The Cassiline followed the sense of his words, if not the exact meaning. He bowed again, then sat cross-legged in the snow, ignoring the dogs that milled around sniffing him. "I will wait my lord's command," he said in Skaldic.

"Is he going to sit there all night?" Gunter asked me curiously.

"I don't know." I'd had my fill of stubborn Cassiline honor, and despaired of understanding the logic that drove it. "He might."

Gunter roared with laughter. "What a man! Some prize I will have to show at the Allthing, if he will serve! The wolf and the dove, yolked in tandem at Gunter Arnlaugson's steading! Even Waldemar Selig might envy such a prize." In high good spirits, he urged his thanes back to the hall, singing loudly about the honor he would win.

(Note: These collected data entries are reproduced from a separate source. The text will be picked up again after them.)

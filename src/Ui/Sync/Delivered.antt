-- ===== src/Ui/Sync/Delivered.antt =====
-- What a message that is delivered, and a program that starts again, do to the register.
use tui_ssh_client.Prelude.{
  ℕ, ◌≡◌, refl, [], Option, none, some, All-get, All-remove_at, get_elem?, remove_at,
}
use tui_ssh_client.Prelude.Text.{Text}
use tui_ssh_client.Config.VaultFile.{Outside}
use tui_ssh_client.Ui.Sync.{
  Auth, Msg, check_failed, push_failed, fetch_failed, apply_failed, checked, pushed, fetched,
  applied, close_sync,
}
use tui_ssh_client.Config.Bundle.Apply.{Report}
use tui_ssh_client.Ui.Sync.Handlers.{
  on_checked, with_form, on_check_failed, on_pushed, on_failed, on_fetched, register_if, on_applied,
  update, register,
}
use tui_ssh_client.Ui.Sync.World.{GitHub, World, took, deliver_msg, reloaded}
use tui_ssh_client.Ui.Sync.Register.{Register}
use tui_ssh_client.Ui.Sync.Simulates.{is_set, MsgOk, VaultOk, Simulates}
use tui_ssh_client.Ui.Sync.Moves.{took-Simulates}
use tui_ssh_client.Ui.Sync.Handled.{
  same-Simulates, register-Simulates, kept_sha-IsShaOf, pushed_with-All,
}

module _ (g : GitHub) (o : Outside) where
  applied-Simulates :
      (w : World) (s : Register) (rep : Report) (a : Option Auth) (sha : Text)
      → Simulates g o w s
      → MsgOk g o s (is_set w.app.registration) (applied rep a sha)
      → Simulates g o (took w (on_applied rep a sha w.app)) s
  unfolding on_applied register_if register
  applied-Simulates w s rep none sha h ok = absurd ok
  applied-Simulates w s rep (some a) sha h ok =
      register-Simulates g o w s h a sha _ _ ok refl refl refl (tt, tt)

  update-Simulates :
      (w : World) (s : Register) (m : Msg)
      → Simulates g o w s
      → MsgOk g o s (is_set w.app.registration) m
      → Simulates g o (took w (update m w.app)) s
  unfolding update on_check_failed with_form on_failed on_fetched on_pushed on_checked register
      close_sync
  update-Simulates w s (check_failed e) h ok = (same-Simulates g o w s h _ [] refl refl refl tt)
  update-Simulates w s (push_failed e) h ok = (same-Simulates g o w s h _ [] refl refl refl tt)
  update-Simulates w s (fetch_failed e) h ok = (same-Simulates g o w s h _ [] refl refl refl tt)
  update-Simulates w s (apply_failed e) h ok = (same-Simulates g o w s h _ [] refl refl refl tt)
  update-Simulates w s (checked a) h ok =
      (register-Simulates g o w s h a _ _ _ (kept_sha-IsShaOf g o w s h w.app.registration a) refl
        refl refl (tt, tt))
  update-Simulates w s (pushed sha n) h ok =
      (took-Simulates g o w s _ _ h (λ x. x) (pushed_with-All g o w s h w.app.registration sha ok)
        h.ask (tt, tt))
  update-Simulates w s (fetched f) h ok = (took-Simulates g o w s _ [] h (λ x. x) h.shas ok tt)
  update-Simulates w s (applied rep a sha) h ok = applied-Simulates w s rep a sha h ok

  without_mail :
      (w : World) (s : Register) (i : ℕ)
      → Simulates g o w s
      → Simulates g o (record w { mail = remove_at i w.mail }) s
  without_mail w s i h = record {
    files = h.files;
    shas = h.shas;
    ask = h.ask;
    running = h.running;
    mail = All-remove_at (MsgOk g o s (is_set w.app.registration)) i w.mail h.mail;
    vault = h.vault;
  }

  pub deliver-Simulates :
      (w : World) (s : Register) (i : ℕ) (m : Option Msg)
      → get_elem? w.mail i ≡ m
      → Simulates g o w s
      → Simulates g o (deliver_msg i m w) s
  unfolding deliver_msg
  deliver-Simulates w s i none e h = h
  deliver-Simulates w s i (some m) e h =
      update-Simulates (record w { mail = remove_at i w.mail }) s m (without_mail w s i h)
        (All-get (MsgOk g o s (is_set w.app.registration)) w.mail i m h.mail e)

  pub restart-Simulates :
      (w : World) (s : Register) (v : Option (Auth × Text))
      → VaultOk g o s v
      → Simulates g o w s
      → Simulates g o (record w { app = reloaded v; running = []; mail = [] }) s
  unfolding reloaded
  restart-Simulates w s none ok h = record {
    files = h.files;
    shas = tt;
    ask = tt;
    running = tt;
    mail = tt;
    vault = h.vault;
  }
  restart-Simulates w s (some (a, sha)) ok h = record {
    files = h.files;
    shas = (ok, tt);
    ask = tt;
    running = tt;
    mail = tt;
    vault = h.vault;
  }
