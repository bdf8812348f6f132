-- ===== src/Ui/Sync/Labels.antt =====
-- Which move of the register an event of sync is.
use tui_ssh_client.Prelude.{Bool, if◌then◌else◌, List, [], ◌∷◌, Option, none, some, get_elem?}
use tui_ssh_client.Prelude.Text.{Text}
use tui_ssh_client.Config.VaultFile.{Outside}
use tui_ssh_client.Config.Bundle.Apply.{Json}
use tui_ssh_client.Ui.Sync.{
  Cmd, check_repo, push_cmd, pull_cmd, apply_pull, persist, load_servers, Msg, applied,
}
use tui_ssh_client.Ui.Sync.Commands.{apply_command}
use tui_ssh_client.Ui.Sync.World.{
  GitHub, World, Answers, Event, key, opens, pushes, pulls, restarts, answers, delivered, runs,
  others_write, step, held, file_of,
}
use tui_ssh_client.Ui.Sync.Register.{Move, other_puts, takes, applies, own_puts, rests}

-- A pull that was applied to the end; one that fails on the way is none.
abbrev pub answer_move : Text → Msg → Move
answer_move blob (applied rep a sha) = applies blob
answer_move blob m = rests

-- A file is taken if GitHub answers with it.
abbrev pub fetch_move : Bool → Text → Move
fetch_move serves f = if serves then takes f else rests

abbrev pub cmd_move : Outside → Json → Answers → World → Option Cmd → Move
cmd_move o j a w none = rests
cmd_move o j a w (some (check_repo auth)) = rests
cmd_move o j a w (some (push_cmd r)) = own_puts (file_of r.auth)
cmd_move o j a w (some (pull_cmd r)) = fetch_move a.serves (file_of r.auth)
cmd_move o j a w (some (apply_pull blob sha r)) =
    answer_move blob
      (apply_command o j a.calls blob sha (record a.secrets { github = held w.app.shas r }) a.pass
        a.local).1
cmd_move o j a w (some (persist r)) = rests
cmd_move o j a w (some load_servers) = rests

abbrev pub move_of : Outside → Json → Event → World → Move
move_of o j (key k) w = rests
move_of o j opens w = rests
move_of o j pushes w = rests
move_of o j pulls w = rests
move_of o j restarts w = rests
move_of o j (answers b) w = rests
move_of o j (delivered i) w = rests
move_of o j (runs i a) w = cmd_move o j a w (get_elem? w.running i)
move_of o j (others_write f c) w = other_puts f c

abbrev pub moves : GitHub → Outside → Json → List Event → World → List Move
moves g o j [] w = []
moves g o j (e ∷ es) w = move_of o j e w ∷ moves g o j es (step g o j e w)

I glanced back once. Sure enough, Joscelin sat without moving, watching us go.

FORTY-THREE

Boisterous and crude he might be, but Gunter was a man of his word, and he had Joscelin's chains struck the following morning. Knud, who harbored a fondness for me, took me to see it. I'd no doubt that Joscelin would keep his own word, but still, freedom was a heady thing to one who'd been kept in chains. He started briefly when the manacle about his neck was unlocked, muscles quivering with the urge to strike out.

But Cassiline discipline prevailed quickly, and he regained his composure, bowing obediently.

"Well, we will see, eh?" Gunter said. He jerked his thumb at one of his thanes. "Thorvil, you will stay with him today, and keep a watch. Let him do a carl's work. Only, give him no weapons, eh? If he need break ice on the stream to fetch water, let him use his hands. Mayhap when he's proved himself, we'll let him chop wood or somewhat."

"Aye, Gunter." Thorvil fingered the hatchet in his own belt and grinned, showing a gap in his teeth, knocked out in a friendly contest of strength. "I'll keep my eye on him, never fear."

From what I could see that day, Joscelin gave him no cause for concern. Indeed, he worked with a will, hauling buckets of water tirelessly from the stream to refill the cisterns of the great hall; no small task. Thorvil sauntered behind him, whistling and cleaning his fingernails with the point of his dagger.

And the women of Gunter's steading stared.

None of them had seen Joscelin, save for a brief glimpse that first night, when he'd been brought in at the end of a line, half-wild and snow-covered. They got a good look at him now. Filthy and disheveled, smelling of the kennels, Joscelin was still, undeniably, a D'Angeline.